# Oil Pressure Gauge ?



## lotaguts (Jan 17, 2006)

Ok lets hear it why do you suspect a car with 400 horses does not come with an oil pressure gauge I am on my second week with mine hopefully I am not missing something. This just strikes me as odd I would like to know my pressure at all times and I am not going aftermarket.


----------



## BigNick (Jan 7, 2005)

You can go stock with the "sports binnacle" from JHP.

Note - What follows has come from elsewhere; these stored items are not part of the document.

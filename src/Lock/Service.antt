-- ===== src/Lock/Service.antt =====
-- internal/application/service/lock_service.go: the state locks of the service, which sends heartbeats
-- for the locks that it holds. The run locks have the same code over their own repository.
use deespec.Base.{ℕ, String, Bool, Option, none, some, Result, ok, err}
use deespec.Lock.Acquire.{Call}
use deespec.Lock.StateLock.{LockType, StateLock, StateLockError}
use deespec.Lock.StateTable.{
  StateLocks, acquire_state, release_state, extend_state, cleanup_expired_states,
}
use deespec.Lock.Heartbeats.{Heartbeats, start_heartbeat, stop_heartbeat, stop_all}

-- The table, and the heartbeats of this process.
pub record LockService : Type 0 where
  pub table : StateLocks
  pub heartbeats : Heartbeats

unfoldable pub after_acquire :
    String
    → Heartbeats
    → Result StateLockError (Option StateLock) × StateLocks
    → Result StateLockError (Option StateLock) × LockService
unfolding start_heartbeat
after_acquire id beats (err failure, table) =
    (err failure, record { table = table; heartbeats = beats })
after_acquire id beats (ok none, table) = (ok none, record { table = table; heartbeats = beats })
after_acquire id beats (ok (some lock), table) =
    (ok (some lock), record { table = table; heartbeats = start_heartbeat id beats })

unfoldable pub acquire_state_lock :
    (ℕ → Bool)
    → ℕ
    → Call
    → LockType
    → String
    → LockService
    → Result StateLockError (Option StateLock) × LockService
unfolding after_acquire acquire_state
acquire_state_lock running ttl call lock_type id s =
    after_acquire id s.heartbeats (acquire_state running ttl call lock_type id s.table)

-- The heartbeat is stopped also if there is no row to release.
unfoldable pub release_state_lock : String → LockService → Option StateLockError × LockService
unfolding release_state stop_heartbeat
release_state_lock id s =
    let beats = stop_heartbeat id s.heartbeats in
    elim (release_state id s.table) [
      | err failure ↦ (some failure, record { table = s.table; heartbeats = beats })
      | ok table ↦ (none, record { table = table; heartbeats = beats })
    ]

unfoldable pub extend_state_lock : String → ℕ → LockService → Option StateLockError × LockService
unfolding extend_state
extend_state_lock id duration s = elim (extend_state id duration s.table) [
  | err failure ↦ (some failure, s)
  | ok table ↦ (none, record s { table = table })
]

-- One round of the clean-up, on the state locks.
unfoldable pub cleanup_round : ℕ → LockService → LockService
unfolding cleanup_expired_states
cleanup_round now s = record s { table = (cleanup_expired_states now s.table).0 }

-- Stop
unfoldable pub stop_service : LockService → LockService
unfolding stop_all
stop_service s = record s { heartbeats = stop_all s.heartbeats }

Not cheap, but basically "mirror image" stock parts from a Monaro (the GTO part is angled the other way to face the driver of a LHD car).


----------



## DAH GTO (Mar 5, 2005)

Had I known at the time when I bought my GTO that they are stock items on the Monaro, I would have used that as a bargaining angle and had the dealer install them. I think it's ridiculous that GM removed them. When I first got my GTO, I wondered why the center console gray trim went up on top of the dash. Once I discovered what is SUPPOSED to be there, I was ticked. And now to spend over $600 (mine is an 04) just stinks. I would like to know what idiot made that decision. The stock gauge pod looks awesome and I agree, high performance machines should have an oil gauge, apparently GM disagrees.


----------



## noz34me (Dec 15, 2005)

DAH GTO said:


> Had I known at the time when I bought my GTO that they are stock items on the Monaro, I would have used that as a bargaining angle and had the dealer install them. I think it's ridiculous that GM removed them. When I first got my GTO, I wondered why the center console gray trim went up on top of the dash. Once I discovered what is SUPPOSED to be there, I was ticked. And now to spend over $600 (mine is an 04) just stinks. I would like to know what idiot made that decision. The stock gauge pod looks awesome and I agree, high performance machines should have an oil gauge, apparently GM disagrees.


Not to mention a $33K High Performance Car!:willy: 

The General sometimes has his head up his arse.


----------



## b_a_betterperson (Feb 16, 2005)

The BASE price for a Monaro in Australia is $45,000 US dollars. The BASE price for the Vauxhall Monaro $52,000. 

What would you rather have? A car that is 50 to 75% more expensive? Or a couple of gauges, a few more air bags, automatic climate control and an integrated phone?

Bitch all you want, but I'll take my $25,999 selling price new GTO EVERY time.


----------



## DAH GTO (Mar 5, 2005)

b_a_betterperson said:


> The BASE price for a Monaro in Australia is $45,000 US dollars. The BASE price for the Vauxhall Monaro $52,000.
> 
> What would you rather have? A car that is 50 to 75% more expensive? Or a couple of gauges, a few more air bags, automatic climate control and an integrated phone?
> 
> Bitch all you want, but I'll take my $25,999 selling price new GTO EVERY time.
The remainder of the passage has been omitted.